Early detection of spherocytosis by CBC test is necessary in children before starting school
Editors:
- Dr. Praful B. Godkar (Ph.D)
Eminent Author, Medical Biochemist and Scientist, Technical Education consultant. AGD Biomedicals (Pvt) LTD. - Dr. Gauri Kulkarni MD (Pathology)
Vice President, AGD Biomedicals (Pvt) LTD.
Spherocytic acute hemolytic anemia is linked to liver failure and may be a manifestation of Wilson’s Disease (WD), in which inorganic copper accumulates in the body(1,2). The excessive breakdown of red blood cells in WD constantly increases in the liver and spleen, causing hepato-splenomegaly with high inorganic copper and can eventually damage liver tissue and liver functions, leading to hepatic jaundice(1,2). WD also causes neurological complications due to copper buildup in the brain(6). Early diagnosis of Wilson’s disease is essential, as the condition is both treatable and preventable. Delayed identification of WD can result in irreversible organ damage or death(3,4). Without treatment, WD is universally fatal, mainly due to liver, kidney and brain related complications(5). Wilson’s disease may be identified at an early stage by performing a complete blood count (CBC) using advanced hematology analyzers such as the AGD HT 340 , which incorporates fifth-generation technology(7,8).

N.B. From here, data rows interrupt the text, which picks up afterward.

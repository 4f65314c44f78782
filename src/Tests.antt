-- ===== src/Tests.antt =====
-- A book, users and positions with concrete numbers, and the theorems at work on them.
pub mod Books
pub mod Funds
pub mod Margins
pub mod Refunds
pub mod Direct
use exchange_cpp.Base.{
  ℕ, List, [], ◌∷◌, Bool, true, false, Option, none, some, ◌≡◌, ◌≢◌, refl, arith,
}
use exchange_cpp.Base.Dict.{Dict, lookup, insert, erase}
use exchange_cpp.Base.Int.{ℤ, pos, negsuc, ◌+ℤ◌, ◌-ℤ◌, ◌*ℤ◌, min_ℤ, ◌<ℤ◌}
use exchange_cpp.Common.{
  OrderAction, ask, bid, OrderType, OrderCommandType, CommandResultCode, SymbolType,
  CoreSymbolSpecification, OrderCommand, Order, MatcherTradeEvent,
}
use exchange_cpp.OrderBook.Events.{
  send_trade_event, send_reduce_event, reject_event, attach_reject_event,
}
use exchange_cpp.OrderBook.Bucket.{OrdersBucket, put, find_by_id, match_orders, matched_bucket}
use exchange_cpp.OrderBook.Levels.{find_bucket, set_bucket, bucket_or_new, place, match_range}
use exchange_cpp.OrderBook.Book.{
  OrderBook, new_order_book, erase_all, try_match_instantly, place_order, ok, Result, Reply,
}
use exchange_cpp.OrderBook.Book.Wf.{IsWellFormed}
use exchange_cpp.OrderBook.NewOrder.{
  new_order, new_order_of_type, new_order_place_gtc, place_gtc_rest,
}
use exchange_cpp.OrderBook.Process.{process_command, process_command_of_type, is_valid_for_matching}
use exchange_cpp.OrderBook.Process.WellFormed.{IsReachable, start, step, IsReachable-IsWellFormed}

abbrev pub spec : CoreSymbolSpecification
spec = record {
  symbol_id = 5;
  symbol_type = SymbolType.currency_exchange_pair;
  base_currency = 1;
  quote_currency = 2;
  base_scale_k = pos 10;
  quote_scale_k = pos 3;
  taker_fee = pos 2;
  maker_fee = pos 1;
  margin_buy = pos 0;
  margin_sell = pos 0;
}

-- A command that came through the risk engine.
abbrev pub placed : ℕ → ℕ → OrderAction → OrderType → ℕ → ℕ → OrderCommand
placed order_id uid action order_type price size = record {
  command = OrderCommandType.place_order;
  order_id = order_id;
  symbol = 5;
  price = pos price;
  size = pos size;
  reserve_bid_price = pos price;
  action = action;
  order_type = order_type;
  uid = uid;
  timestamp = pos 0;
  service_flags = 0;
  result_code = CommandResultCode.valid_for_matching_engine;
  matcher_event = [];
  market_data = none;
}

abbrev pub order : ℕ → ℕ → OrderAction → ℕ → ℕ → Order
order order_id uid action price size = record {
  order_id = order_id;
  price = pos price;
  size = pos size;
  filled = pos 0;
  reserve_bid_price = pos price;
  action = action;
  uid = uid;
  timestamp = pos 0;
}

abbrev one_ask : OrderBook
one_ask = record {
  symbol_spec = spec;
  ask_buckets =
      record { price = pos 100; total_volume = pos 5; orders = order 1 10 ask 100 5 ∷ [] } ∷ [];
  bid_buckets = [];
  id_map = (1, (ask, pos 100)) ∷ [];
}

abbrev pub two_sided : OrderBook
two_sided = record {
  symbol_spec = spec;
  ask_buckets =
      record { price = pos 100; total_volume = pos 5; orders = order 1 10 ask 100 5 ∷ [] } ∷ [];
  bid_buckets =
      record { price = pos 98; total_volume = pos 4; orders = order 3 12 bid 98 4 ∷ [] } ∷ [];
  id_map = (1, (ask, pos 100)) ∷ (3, (bid, pos 98)) ∷ [];
}

first_order :
    process_command (new_order_book spec) (placed 1 10 ask OrderType.gtc 100 5)
    ≡ ok (CommandResultCode.success, one_ask, placed 1 10 ask OrderType.gtc 100 5)
unfolding process_command process_command_of_type is_valid_for_matching new_order new_order_of_type
    new_order_place_gtc place_gtc_rest try_match_instantly match_range new_order_book erase_all
    place_order place bucket_or_new find_bucket set_bucket put insert lookup ◌+ℤ◌ ◌-ℤ◌
first_order = refl

second_order :
    process_command one_ask (placed 3 12 bid OrderType.gtc 98 4)
    ≡ ok (CommandResultCode.success, two_sided, placed 3 12 bid OrderType.gtc 98 4)
unfolding process_command process_command_of_type is_valid_for_matching new_order new_order_of_type
    new_order_place_gtc place_gtc_rest try_match_instantly match_range match_orders matched_bucket
    new_order_book erase_all place_order place bucket_or_new find_bucket set_bucket put insert
    lookup ◌+ℤ◌ ◌-ℤ◌ min_ℤ send_trade_event
second_order = refl

pub two_sided-IsReachable : IsReachable spec two_sided
two_sided-IsReachable =
    step one_ask two_sided (placed 3 12 bid OrderType.gtc 98 4) (placed 3 12 bid OrderType.gtc 98 4)
      CommandResultCode.success
      (step (new_order_book spec) one_ask (placed 1 10 ask OrderType.gtc 100 5)
        (placed 1 10 ask OrderType.gtc 100 5) CommandResultCode.success start (λ e. omega arith)
        first_order)
      (λ e. omega arith) second_order

pub two_sided-IsWellFormed : IsWellFormed two_sided
two_sided-IsWellFormed = IsReachable-IsWellFormed spec two_sided two_sided-IsReachable
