-- ===== src/Tests/Books.antt =====
-- The theorems on order books at work on a book with an ask of 5 at 100 and a bid of 4 at 98.
use exchange_cpp.Base.{[], List, ◌∷◌, some, ◌≡◌, refl, arith, All}
use exchange_cpp.Base.Int.{pos, ◌+ℤ◌, ◌-ℤ◌, ◌*ℤ◌, min_ℤ}
use exchange_cpp.Common.{Order, ask, bid, OrderType, OrderCommand}
use exchange_cpp.OrderBook.Bucket.{match_orders}
use exchange_cpp.OrderBook.Bucket.Volume.{total_size}
use exchange_cpp.OrderBook.Levels.{match_range, should_continue, check_budget}
use exchange_cpp.OrderBook.Levels.Limits.{IsTradeWithin, IsPriceOrdered}
use exchange_cpp.OrderBook.Levels.Exhausted.{IsOutside, match_range-IsOutside}
use exchange_cpp.OrderBook.Levels.Budget.{total_cost, always, match_range-check_budget}
use exchange_cpp.OrderBook.Book.{
  try_match_instantly, get_total_orders_volume, get_orders_num, l2_market_data_snapshot,
}
use exchange_cpp.OrderBook.Book.Wf.{IsWellFormed}
use exchange_cpp.OrderBook.NewOrder.{
  new_order, new_order_match_ioc, new_order_place_gtc, new_order_match_fok_budget,
}
use exchange_cpp.OrderBook.NewOrder.WellFormed.{new_order-IsWellFormed}
use exchange_cpp.OrderBook.NewOrder.Fills.{
  new_order_match_ioc_accounts, new_order_place_gtc_accounts,
}
use exchange_cpp.OrderBook.NewOrder.Prices.{try_match_instantly_prices}
use exchange_cpp.OrderBook.NewOrder.FillOrKill.{
  FillsOrKills, new_order_match_fok_budget-FillsOrKills,
}
use exchange_cpp.OrderBook.Change.{find_own_order, cancel_order, reduce_order, move_order}
use exchange_cpp.OrderBook.Change.Own.{FindsOwn, find_own_order-FindsOwn}
use exchange_cpp.OrderBook.Change.WellFormed.{
  KeepsWellFormed, cancel_order-KeepsWellFormed, reduce_order-KeepsWellFormed,
}
use exchange_cpp.OrderBook.Change.Volumes.{
  ReportsVolume, cancel_order-ReportsVolume, reduce_order-ReportsVolume,
}
use exchange_cpp.OrderBook.Book.Snapshot.{
  AreLevels, level_volumes, level_orders, l2_market_data_snapshot-AreLevels,
  l2_market_data_snapshot_totals,
}
use exchange_cpp.OrderBook.Bucket.Priority.{FillsInOrder, match_orders-FillsInOrder}
use exchange_cpp.OrderBook.Change.Move.{move_order-KeepsWellFormed}
use exchange_cpp.OrderBook.Process.{process_command}
use exchange_cpp.OrderBook.Process.WellFormed.{
  process_command-KeepsWellFormed, IsReachable-IsWellFormed,
}
use exchange_cpp.Tests.{
  order, spec, placed, two_sided, two_sided-IsReachable, two_sided-IsWellFormed,
}

-- A bid of 7 at 100, which takes the ask of 5.
abbrev crossing : OrderType → OrderCommand
crossing order_type = placed 4 13 bid order_type 100 7

-- A command on the bid of user 12.
abbrev own_bid : OrderCommand
own_bid = placed 3 12 bid OrderType.gtc 100 3

IsReachable-IsWellFormed_example : IsWellFormed two_sided
IsReachable-IsWellFormed_example = IsReachable-IsWellFormed spec two_sided two_sided-IsReachable

process_command-KeepsWellFormed_example :
    KeepsWellFormed (process_command two_sided (crossing OrderType.gtc))
process_command-KeepsWellFormed_example =
    process_command-KeepsWellFormed two_sided (crossing OrderType.gtc) two_sided-IsWellFormed
      (λ e. omega arith)

new_order-IsWellFormed_example : IsWellFormed (new_order two_sided (crossing OrderType.gtc)).0
new_order-IsWellFormed_example =
    new_order-IsWellFormed two_sided (crossing OrderType.gtc) two_sided-IsWellFormed (omega arith)

new_order_match_ioc_accounts_example :
    let r = new_order_match_ioc two_sided (crossing OrderType.ioc) in
    (total_size r.1.matcher_event ≡ pos 7)
    × (get_total_orders_volume bid r.0 ≡ get_total_orders_volume bid two_sided)
new_order_match_ioc_accounts_example =
    new_order_match_ioc_accounts two_sided (crossing OrderType.ioc) refl

new_order_place_gtc_accounts_example :
    let r = new_order_place_gtc two_sided (crossing OrderType.gtc) in
    total_size r.1.matcher_event
      +ℤ (get_total_orders_volume bid r.0 -ℤ get_total_orders_volume bid two_sided)
    ≡ pos 7
new_order_place_gtc_accounts_example =
    new_order_place_gtc_accounts two_sided (crossing OrderType.gtc) two_sided-IsWellFormed refl

try_match_instantly_prices_example :
    let es =
      (try_match_instantly bid
        (should_continue bid (pos 100))
        (pos 7)
        (pos 100)
        (pos 0)
        two_sided
        (crossing OrderType.ioc)).2.matcher_event in
    All (IsTradeWithin (should_continue bid (pos 100))) es × IsPriceOrdered ask es
try_match_instantly_prices_example =
    try_match_instantly_prices bid (pos 100) (pos 7) (pos 100) (pos 0) two_sided
      (crossing OrderType.ioc) two_sided-IsWellFormed refl

-- A bid for 5 with a budget of 500.
abbrev budget_bid : OrderCommand
budget_bid = placed 4 13 bid OrderType.fok_budget 500 5

new_order_match_fok_budget-FillsOrKills_example :
    FillsOrKills two_sided budget_bid (new_order_match_fok_budget two_sided budget_bid)
new_order_match_fok_budget-FillsOrKills_example =
    new_order_match_fok_budget-FillsOrKills two_sided budget_bid two_sided-IsWellFormed refl
      (omega arith)

cancel_order-KeepsWellFormed_example : KeepsWellFormed (cancel_order two_sided own_bid)
cancel_order-KeepsWellFormed_example =
    cancel_order-KeepsWellFormed two_sided own_bid two_sided-IsWellFormed

reduce_order-KeepsWellFormed_example : KeepsWellFormed (reduce_order two_sided own_bid)
reduce_order-KeepsWellFormed_example =
    reduce_order-KeepsWellFormed two_sided own_bid two_sided-IsWellFormed

move_order-KeepsWellFormed_example : KeepsWellFormed (move_order two_sided own_bid)
move_order-KeepsWellFormed_example =
    move_order-KeepsWellFormed two_sided own_bid two_sided-IsWellFormed

find_own_order-FindsOwn_example : FindsOwn 3 12 two_sided (find_own_order 3 12 two_sided)
find_own_order-FindsOwn_example = find_own_order-FindsOwn 3 12 two_sided two_sided-IsWellFormed

-- A bid of 7 at 100 uses up the asks up to 100.
short_fill :
    (match_range
      (should_continue bid (pos 100))
      (pos 7)
      (pos 100)
      (pos 0)
      two_sided.ask_buckets).filled
    ≡ pos 5
unfolding match_range match_orders ◌+ℤ◌ ◌-ℤ◌ min_ℤ
short_fill = refl

match_range-IsOutside_example :
    IsOutside bid
      (pos 100)
      (match_range
        (should_continue bid (pos 100))
        (pos 7)
        (pos 100)
        (pos 0)
        two_sided.ask_buckets).buckets
match_range-IsOutside_example =
    match_range-IsOutside bid (pos 100) (pos 7) (pos 100) (pos 0) two_sided.ask_buckets
      (two_sided-IsWellFormed.sides ask) (omega arith) (rw short_fill (omega arith))

enough_budget : check_budget (pos 4 -ℤ pos 0) (pos 0) two_sided.ask_buckets ≡ some (pos 400)
unfolding check_budget ◌+ℤ◌ ◌-ℤ◌ ◌*ℤ◌
enough_budget = refl

match_range-check_budget_example :
    ((match_range always (pos 4) (pos 100) (pos 0) two_sided.ask_buckets).filled ≡ pos 4)
    × (pos 0
          +ℤ total_cost (match_range always (pos 4) (pos 100) (pos 0) two_sided.ask_buckets).events
        ≡ pos 400)
match_range-check_budget_example =
    match_range-check_budget (pos 4) (pos 100) (pos 0) (pos 0) ask two_sided.ask_buckets
      (two_sided-IsWellFormed.sides ask) (omega arith) enough_budget

cancel_order-ReportsVolume_example : ReportsVolume two_sided (cancel_order two_sided own_bid)
cancel_order-ReportsVolume_example =
    cancel_order-ReportsVolume two_sided own_bid two_sided-IsWellFormed

reduce_order-ReportsVolume_example : ReportsVolume two_sided (reduce_order two_sided own_bid)
reduce_order-ReportsVolume_example =
    reduce_order-ReportsVolume two_sided own_bid two_sided-IsWellFormed

l2_market_data_snapshot-AreLevels_example :
    AreLevels ask (l2_market_data_snapshot 1 two_sided).asks
    × AreLevels bid (l2_market_data_snapshot 1 two_sided).bids
l2_market_data_snapshot-AreLevels_example =
    l2_market_data_snapshot-AreLevels 1 two_sided two_sided-IsWellFormed

l2_market_data_snapshot_totals_example :
    (level_volumes (l2_market_data_snapshot 2 two_sided).asks
      ≡ get_total_orders_volume ask two_sided)
    × (level_volumes (l2_market_data_snapshot 2 two_sided).bids
        ≡ get_total_orders_volume bid two_sided)
    × (level_orders (l2_market_data_snapshot 2 two_sided).asks ≡ get_orders_num ask two_sided)
    × (level_orders (l2_market_data_snapshot 2 two_sided).bids ≡ get_orders_num bid two_sided)
l2_market_data_snapshot_totals_example =
    l2_market_data_snapshot_totals 2 two_sided (omega arith) (omega arith)

-- An order of 5 before one of 7.
abbrev two_orders : List Order
two_orders = order 1 10 ask 100 5 ∷ order 2 11 ask 100 7 ∷ []

match_orders-FillsInOrder_example :
    FillsInOrder (pos 8) two_orders (match_orders (pos 100) (pos 8) two_orders)
match_orders-FillsInOrder_example =
    match_orders-FillsInOrder (pos 100) (pos 8) two_orders (omega arith)
      ((omega arith, omega arith), ((omega arith, omega arith), tt))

Q1. What is Wilson’s disease?
ANS(6) : Wilson’s disease (WD) is a rare inherited disorder, in which two genes of ATP7B are mutated. The ATP7B genes are located on chromosome 13 (13q14.3). The expression of normal ATP7B genes is necessary for synthesizing copper-transporting ATPase 2 enzyme, when copper concentration increases in the body and in general blood circulation. Copper-transporting ATPase 2 facilitates transport of excess copper into bile for excretion in feces. When the ATP7B genes are altered in Wilson’s disease (WD), excess copper accumulates in various organs, including the liver, kidneys, and brain.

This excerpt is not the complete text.